▶ REQUIREMENT:
Reproduce each record exactly.

▶ EXTRACTED INFORMATION:
┌──
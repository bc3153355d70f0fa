-- ===== src/Ledger/Active.antt =====
-- The authority that `derive_from` gives on traced lineages, for `derive` of
-- crates/cc-ledger/src/v1/authority.rs.
use clockchain.Prelude.{
  ℕ, ◌≡◌, refl, ap, ◌∙◌, sym, inl, inr, Bool, true, false, ◌||◌, some, List, [], ◌∷◌, arith, ◌==◌,
  ==_iff, Bool-cases, nat_key,
}
use clockchain.Prelude.Table.{lookup, contains_key}
use clockchain.Prelude.Ordered.{set_contains}
use clockchain.Wire.{Hash}
use clockchain.Wire.Signed.{Crypto}
use clockchain.Ledger.{Events}
use clockchain.Ledger.Authority.{Grant, Authority, Lineages, Revocations, select_not, keys, covers}
use clockchain.Ledger.Derive.{buried, max_length, derive_from}
use clockchain.Ledger.Order.{IsOrdered, Held-self}
use clockchain.Ledger.Totals.{IsTraced, set_contains-keys, filter_of-Returns, AreRevokes}
use clockchain.Ledger.Rulings.{ranked, sort_by_depth-Returns, Unopposed}
use clockchain.Ledger.Effects.{
  cancellations-Returns, relinquished-AreRevokes, effective_from-Returns, buried-Returns,
  effects_from-Returns,
}
use clockchain.Ledger.Suppression.{HasEffects, suppress_loop-Returns}

set_contains-select_not :
    (p : Hash → Bool) (xs : List Hash) (x : Hash)
    → set_contains x (select_not p xs) ≡ true
    → (set_contains x xs ≡ true) × (p x ≡ false)
unfolding select_not set_contains
set_contains-select_not p [] x m = absurd (ground (arith, m))
set_contains-select_not p (y ∷ xs) x m = elim (Bool-cases (p y)) [
  | inl out ↦
      let m' = rw out at m in let k = set_contains-select_not p xs x m' in (ground (arith, k), k.1)
  | inr kept ↦
      let m' = rw kept at m in
      elim (Bool-cases (x == y)) [
        | inl same ↦ (ground (arith, same), ap p ((==_iff x y).0 same) ∙ kept)
        | inr differ ↦
            let k = set_contains-select_not p xs x (ground (arith, m', differ)) in
            (ground (arith, k), k.1)
      ]
]

module _ {SecretKey : Type 0} (crypto : Crypto SecretKey) (valid : Events) (revokes : Revocations)
    (l : Lineages) (t : IsTraced crypto valid revokes l) where
  -- What an active grant is: one that was made, that no effective revocation covers, and that was
  -- not issued against an effective revocation of its issuer, which would have to have the issuing
  -- event in its past.
  pub record IsRuled (a : Authority) : Type 0 where
    pub made : a.grants ≡ l.grants
    pub effective : AreRevokes crypto valid revokes l t a.effective_revokes
    pub known : (g : Hash) → set_contains g a.active ≡ true → contains_key g a.grants ≡ true
    pub uncovered :
        (g : Hash) (r : Hash)
        → set_contains g a.active ≡ true
        → set_contains r a.effective_revokes ≡ true
        → covers revokes l r g ≡ some false
    pub unopposed :
        (g : Hash) (grant : Grant) (i : Hash)
        → set_contains g a.active ≡ true
        → lookup g a.grants ≡ some grant
        → grant.issuer ≡ some i
        → Unopposed crypto valid revokes l t a.effective_revokes i grant.issued_by_event
    pub ruled : HasEffects valid a.effects

  pub derive_from-IsRuled :
      (rank : Hash → ℕ)
      → IsOrdered valid rank
      → (a : Authority) × (derive_from crypto valid revokes l ≡ some a) × IsRuled a
  unfolding derive_from
  derive_from-IsRuled rank o =
      let grants_known = λ (g : Hash) (m : set_contains g (keys l.grants) ≡ true).
        sym (set_contains-keys g l.grants) ∙ m in
      let (order, order_eq, same) =
        sort_by_depth-Returns l (keys l.grants) (λ g m. t.paths g (grants_known g m)) in
      let ordered = λ (g : Hash) (m : set_contains g (ranked order) ≡ true).
        grants_known g (sym (same g) ∙ m) in
      let (given_up, given_eq, given_all) = relinquished-AreRevokes crypto valid revokes l t in
      let (effective, eff_eq, all) =
        effective_from-Returns crypto valid revokes l t (max_length l.lineage) 1 order given_up
          given_up given_all ordered in
      let (canceled, c_eq, rules) =
        cancellations-Returns crypto valid revokes l t effective order all ordered in
      let (tombs, t_eq, buries) =
        filter_of-Returns (buried revokes l effective) (keys l.grants) (λ g m.
          let (b, eq, _) =
            buried-Returns crypto valid revokes l t effective g all
              (t.paths g (grants_known g m)) in
          (b, eq)) in
      let (effects, e_eq, every) =
        effects_from-Returns crypto valid revokes l t given_up canceled effective valid [] all
          (Held-self valid o.distinct) in
      let (suppressed, s_eq, has) =
        suppress_loop-Returns valid o.known effects (Held-self valid o.distinct)
          (λ x m. every x (ground (arith, m))) in
      let out = λ (g : Hash). contains_key g canceled || set_contains g tombs in
      (
        record {
          grants = l.grants;
          active = select_not out (keys l.grants);
          tombstones = tombs;
          effective_revokes = effective;
          canceled = keys canceled;
          effects = suppressed;
        },
        rw order_eq (rw given_eq (rw eff_eq (rw c_eq (rw t_eq (rw e_eq (rw s_eq refl)))))),
        record {
          made = refl;
          effective = all;
          known = λ g m. grants_known g (set_contains-select_not out (keys l.grants) g m).0;
          uncovered = λ g r m k.
              let (there, kept) = set_contains-select_not out (keys l.grants) g m in
              let (b, b_eq, none_) =
                buried-Returns crypto valid revokes l t effective g all
                  (t.paths g (grants_known g there)) in
              elim (Bool-cases b) [
                | inl covered ↦
                    let tomb = (buries g).1 (there, b_eq ∙ ap some covered) in
                    absurd (ground (arith, tomb, kept))
                | inr free ↦ none_ free r k
              ];
          unopposed = λ g grant i m held issued.
              let (there, kept) = set_contains-select_not out (keys l.grants) g m in
              rules g grant i (same g ∙ there) held issued (ground (arith, kept));
          ruled = has;
        },
      )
└──
▶ TASK RESPONSE:
repository bc3153355d70f0fa
-- ===== src/Ledger/Active.antt =====
-- The authority that `derive_from` gives on traced lineages, for `derive` of
-- crates/cc-ledger/src/v1/authority.rs.
use clockchain.Prelude.{
  ℕ, ◌≡◌, refl, ap, ◌∙◌, sym, inl, inr, Bool, true, false, ◌||◌, some, List, [], ◌∷◌, arith, ◌==◌,
  ==_iff, Bool-cases, nat_key,
}
use clockchain.Prelude.Table.{lookup, contains_key}
use clockchain.Prelude.Ordered.{set_contains}
use clockchain.Wire.{Hash}
use clockchain.Wire.Signed.{Crypto}
use clockchain.Ledger.{Events}
use clockchain.Ledger.Authority.{Grant, Authority, Lineages, Revocations, select_not, keys, covers}
use clockchain.Ledger.Derive.{buried, max_length, derive_from}
use clockchain.Ledger.Order.{IsOrdered, Held-self}
use clockchain.Ledger.Totals.{IsTraced, set_contains-keys, filter_of-Returns, AreRevokes}
use clockchain.Ledger.Rulings.{ranked, sort_by_depth-Returns, Unopposed}
use clockchain.Ledger.Effects.{
  cancellations-Returns, relinquished-AreRevokes, effective_from-Returns, buried-Returns,
  effects_from-Returns,
}
use clockchain.Ledger.Suppression.{HasEffects, suppress_loop-Returns}

set_contains-select_not :
    (p : Hash → Bool) (xs : List Hash) (x : Hash)
    → set_contains x (select_not p xs) ≡ true
    → (set_contains x xs ≡ true) × (p x ≡ false)
unfolding select_not set_contains
set_contains-select_not p [] x m = absurd (ground (arith, m))
set_contains-select_not p (y ∷ xs) x m = elim (Bool-cases (p y)) [
  | inl out ↦
      let m' = rw out at m in let k = set_contains-select_not p xs x m' in (ground (arith, k), k.1)
  | inr kept ↦
      let m' = rw kept at m in
      elim (Bool-cases (x == y)) [
        | inl same ↦ (ground (arith, same), ap p ((==_iff x y).0 same) ∙ kept)
        | inr differ ↦
            let k = set_contains-select_not p xs x (ground (arith, m', differ)) in
            (ground (arith, k), k.1)
      ]
]

module _ {SecretKey : Type 0} (crypto : Crypto SecretKey) (valid : Events) (revokes : Revocations)
    (l : Lineages) (t : IsTraced crypto valid revokes l) where
  -- What an active grant is: one that was made, that no effective revocation covers, and that was
  -- not issued against an effective revocation of its issuer, which would have to have the issuing
  -- event in its past.
  pub record IsRuled (a : Authority) : Type 0 where
    pub made : a.grants ≡ l.grants
    pub effective : AreRevokes crypto valid revokes l t a.effective_revokes
    pub known : (g : Hash) → set_contains g a.active ≡ true → contains_key g a.grants ≡ true
    pub uncovered :
        (g : Hash) (r : Hash)
        → set_contains g a.active ≡ true
        → set_contains r a.effective_revokes ≡ true
        → covers revokes l r g ≡ some false
    pub unopposed :
        (g : Hash) (grant : Grant) (i : Hash)
        → set_contains g a.active ≡ true
        → lookup g a.grants ≡ some grant
        → grant.issuer ≡ some i
        → Unopposed crypto valid revokes l t a.effective_revokes i grant.issued_by_event
    pub ruled : HasEffects valid a.effects

  pub derive_from-IsRuled :
      (rank : Hash → ℕ)
      → IsOrdered valid rank
      → (a : Authority) × (derive_from crypto valid revokes l ≡ some a) × IsRuled a
  unfolding derive_from
  derive_from-IsRuled rank o =
      let grants_known = λ (g : Hash) (m : set_contains g (keys l.grants) ≡ true).
        sym (set_contains-keys g l.grants) ∙ m in
      let (order, order_eq, same) =
        sort_by_depth-Returns l (keys l.grants) (λ g m. t.paths g (grants_known g m)) in
      let ordered = λ (g : Hash) (m : set_contains g (ranked order) ≡ true).
        grants_known g (sym (same g) ∙ m) in
      let (given_up, given_eq, given_all) = relinquished-AreRevokes crypto valid revokes l t in
      let (effective, eff_eq, all) =
        effective_from-Returns crypto valid revokes l t (max_length l.lineage) 1 order given_up
          given_up given_all ordered in
      let (canceled, c_eq, rules) =
        cancellations-Returns crypto valid revokes l t effective order all ordered in
      let (tombs, t_eq, buries) =
        filter_of-Returns (buried revokes l effective) (keys l.grants) (λ g m.
          let (b, eq, _) =
            buried-Returns crypto valid revokes l t effective g all
              (t.paths g (grants_known g m)) in
          (b, eq)) in
      let (effects, e_eq, every) =
        effects_from-Returns crypto valid revokes l t given_up canceled effective valid [] all
          (Held-self valid o.distinct) in
      let (suppressed, s_eq, has) =
        suppress_loop-Returns valid o.known effects (Held-self valid o.distinct)
          (λ x m. every x (ground (arith, m))) in
      let out = λ (g : Hash). contains_key g canceled || set_contains g tombs in
      (
        record {
          grants = l.grants;
          active = select_not out (keys l.grants);
          tombstones = tombs;
          effective_revokes = effective;
          canceled = keys canceled;
          effects = suppressed;
        },
        rw order_eq (rw given_eq (rw eff_eq (rw c_eq (rw t_eq (rw e_eq (rw s_eq refl)))))),
        record {
          made = refl;
          effective = all;
          known = λ g m. grants_known g (set_contains-select_not out (keys l.grants) g m).0;
          uncovered = λ g r m k.
              let (there, kept) = set_contains-select_not out (keys l.grants) g m in
              let (b, b_eq, none_) =
                buried-Returns crypto valid revokes l t effective g all
                  (t.paths g (grants_known g there)) in
              elim (Bool-cases b) [
                | inl covered ↦
                    let tomb = (buries g).1 (there, b_eq ∙ ap some covered) in
                    absurd (ground (arith, tomb, kept))
                | inr free ↦ none_ free r k
              ];
          unopposed = λ g grant i m held issued.
              let (there, kept) = set_contains-select_not out (keys l.grants) g m in
              rules g grant i (same g ∙ there) held issued (ground (arith, kept));
          ruled = has;
        },
      )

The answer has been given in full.